What you will do: Please state how many lines of the data contain "find". The number by itself is enough.

Dataset entries:
....
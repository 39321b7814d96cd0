-- ===== src/Executor/Firecracker/Reading.antt =====
-- What `execute_command` (forge-executor/src/firecracker.rs) returns: the output that was read from its
-- own process, parsed.
use mathlib.Core.Path.{subst}
use apeiron.Base.{◌<◌, none, ◌≡◌, refl, sym, ap, ◌∙◌, Bytes, Text, All, ◌++◌}
use apeiron.Base.Int.{IsI32}
use apeiron.Base.Outcome.{value}
use apeiron.Core.Execution.{Duration}
use apeiron.Std.FilePath.{PathBuf}
use apeiron.Action.Rules.{Holds, Holds-imp, Gives, Gives-bind}
use apeiron.Serial.Search.Find.{find}
use apeiron.Serial.Output.{
  Parsed, crlf, strip_line_breaks, exit_marker, parse_execution_output, stdout_start, stderr_start,
}
use apeiron.Serial.Output.Sections.{parse_execution_output-all_or_raw}
use apeiron.Serial.Output.Report.{Base64, report, parse_execution_output-report}
use apeiron.Executor.Config.{Pid, VmConfig}
use apeiron.Executor.Backend.{ExecutionOutput}
use apeiron.Executor.Action.{Result, ok, Action, ◌>>=◌, ◌>>◌}
use apeiron.Executor.Host.{
  Env, Trace, Output, timed_out, unreadable, complete, waited, remove_file, emit, ask, scoped,
}
use apeiron.Executor.Firecracker.{FirecrackerBackend}
use apeiron.Executor.Firecracker.Execute.{take_output, output_of, boot_and_read, execute_command}

-- The console of some process was read to its end within the time, and parses to this output.
pub record WasRead (env : Env) (timeout : Duration) (output : ExecutionOutput) : Type 0 where
  pub process : Pid
  pub before : Trace
  pub raw : Bytes
  pub read : env.read_to_end before process timeout ≡ complete raw
  pub parsed :
      parse_execution_output env.b64_decode raw
      ≡ value (output.stdout, output.stderr, output.exit_code)

module _ (env : Env) (timeout : Duration) where
  -- The output of a console that was read.
  output_of-WasRead :
      (process : Pid) (before t : Trace) (raw : Bytes)
      → env.read_to_end before process timeout ≡ complete raw
      → Holds (WasRead env timeout) (output_of (parse_execution_output env.b64_decode raw) t).0
  unfolding output_of
  output_of-WasRead process before t raw e =
      rw (parse_execution_output-all_or_raw env.b64_decode raw) (record {
        process = process;
        before = before;
        raw = raw;
        read = e;
        parsed = parse_execution_output-all_or_raw env.b64_decode raw;
      })

  -- The last steps of an execution.
  finish : PathBuf → Pid → Output → Action Trace ExecutionOutput
  finish socket process read = do
    raw_output ← take_output timeout read
    emit (waited process)
    emit (remove_file socket)
    output_of (parse_execution_output env.b64_decode raw_output)

  finish-WasRead :
      (socket : PathBuf) (process : Pid) (t : Trace) (read : Output)
      → env.read_to_end t process timeout ≡ read
      → Holds (WasRead env timeout) (finish socket process read t).0
  unfolding finish take_output
  finish-WasRead socket process t timed_out e = tt
  finish-WasRead socket process t (unreadable x) e = tt
  finish-WasRead socket process t (complete raw) e = output_of-WasRead process t _ raw e

  read-WasRead :
      (socket : PathBuf) (process : Pid)
      → Gives
          (WasRead env timeout)
          (ask (λ t. env.read_to_end t process timeout) >>= λ read. finish socket process read)
  read-WasRead socket process = record { at = λ t. finish-WasRead socket process t _ refl }

  boot_and_read-WasRead :
      (config : VmConfig) (socket : PathBuf) (process : Pid)
      → Gives (WasRead env timeout) (boot_and_read env config socket timeout process)
  unfolding boot_and_read finish
  boot_and_read-WasRead config socket process = search (Gives-bind, read-WasRead) depth 20

  scoped-Gives :
      {A : Type 0} {P : A → Type 0} (pid : Pid) (m : Action Trace A)
      → Gives P m
      → Gives P (scoped pid m)
  scoped-Gives pid m k = record { at = λ t. k.at t }

  execute_command-WasRead :
      (self : FirecrackerBackend) (config : VmConfig) (command : Text)
      → Gives (WasRead env timeout) (execute_command env self config command timeout)
  unfolding execute_command
  execute_command-WasRead self config command =
      search (Gives-bind, scoped-Gives, boot_and_read-WasRead) depth 40

-- A console on which the init script reported an output, with its Base64 text broken into lines.
pub record Reports (b : Base64) (raw : Bytes) (output : ExecutionOutput) : Type 0 where
  pub noise : Bytes
  pub out_body : Bytes
  pub err_body : Bytes
  pub rest : Bytes
  pub printed : raw ≡ report noise out_body err_body output.exit_code rest
  pub out_bytes : All (λ c. c < 256) output.stdout
  pub err_bytes : All (λ c. c < 256) output.stderr
  pub exit_fits : IsI32 output.exit_code
  pub out_encoded : strip_line_breaks out_body ≡ b.encode output.stdout
  pub err_encoded : strip_line_breaks err_body ≡ b.encode output.stderr
  pub no_stdout_start : find (stdout_start ++ crlf) noise ≡ none
  pub no_stderr_start : find (stderr_start ++ crlf) noise ≡ none
  pub no_exit_marker : find exit_marker noise ≡ none

report_parsed :
    (b : Base64) (raw : Bytes) (output : ExecutionOutput)
    → Reports b raw output
    → parse_execution_output b.decode raw ≡ value (output.stdout, output.stderr, output.exit_code)
report_parsed b raw output r =
    ap (parse_execution_output b.decode) r.printed
    ∙ parse_execution_output-report b r.noise output.stdout output.stderr r.out_body r.err_body
        r.rest output.exit_code r.out_bytes r.err_bytes r.exit_fits r.out_encoded r.err_encoded
        r.no_stdout_start r.no_stderr_start r.no_exit_marker

value_injective : (a b : Parsed) → value a ≡ value b → a ≡ b
value_injective a b e = cc

abbrev parts : ExecutionOutput → Parsed
parts output = (output.stdout, output.stderr, output.exit_code)

same_output : (a b : ExecutionOutput) → value (parts a) ≡ value (parts b) → a ≡ b
same_output a b e =
    let p = value_injective (parts a) (parts b) e in
    λ i. record { stdout = (p i).0; stderr = (p i).1; exit_code = (p i).2 }

-- Every console of a process that is read to its end within the time reports this output, and the
-- decoder is that of Base64.
pub record AlwaysReports (b : Base64) (env : Env) (timeout : Duration) (output : ExecutionOutput)
    : Type 0 where
  pub decoder : env.b64_decode ≡ b.decode
  pub told :
      (before : Trace) (process : Pid) (raw : Bytes)
      → env.read_to_end before process timeout ≡ complete raw
      → Reports b raw output

WasRead-eq :
    (b : Base64) (env : Env) (timeout : Duration) (output returned : ExecutionOutput)
    → AlwaysReports b env timeout output
    → WasRead env timeout returned
    → returned ≡ output
WasRead-eq b env timeout output returned always was = same_output returned output (
    sym was.parsed
    ∙ ap (λ decode. parse_execution_output decode was.raw) always.decoder
    ∙ report_parsed b was.raw output (always.told was.before was.process was.raw was.read))

pub execute_command-Gives :
    (b : Base64) (env : Env) (self : FirecrackerBackend) (config : VmConfig) (command : Text)
    (timeout : Duration) (output : ExecutionOutput)
    → AlwaysReports b env timeout output
    → Gives (λ returned. returned ≡ output) (execute_command env self config command timeout)
execute_command-Gives b env self config command timeout output always = record {
  at = λ t.
      Holds-imp {P = WasRead env timeout} _
        (λ returned. WasRead-eq b env timeout output returned always)
        ((execute_command-WasRead env timeout self config command).at t);
}

-- If the decoder is that of Base64, and every console of a process that is read to its end within the
-- time reports one output, then an execution that returns an output returns this one, byte for byte,
-- with its exit code, whatever else the outside answers.
pub execute_command-report :
    (b : Base64) (env : Env) (self : FirecrackerBackend) (config : VmConfig) (command : Text)
    (timeout : Duration) (output returned : ExecutionOutput) (t t' : Trace)
    → AlwaysReports b env timeout output
    → execute_command env self config command timeout t ≡ (ok returned, t')
    → returned ≡ output
execute_command-report b env self config command timeout output returned t t' always e =
    let gives = execute_command-Gives b env self config command timeout output always in
    subst (λ (r : Result ExecutionOutput × Trace). Holds (λ o. o ≡ output) r.0) e (gives.at t)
....
Solution to this task: 4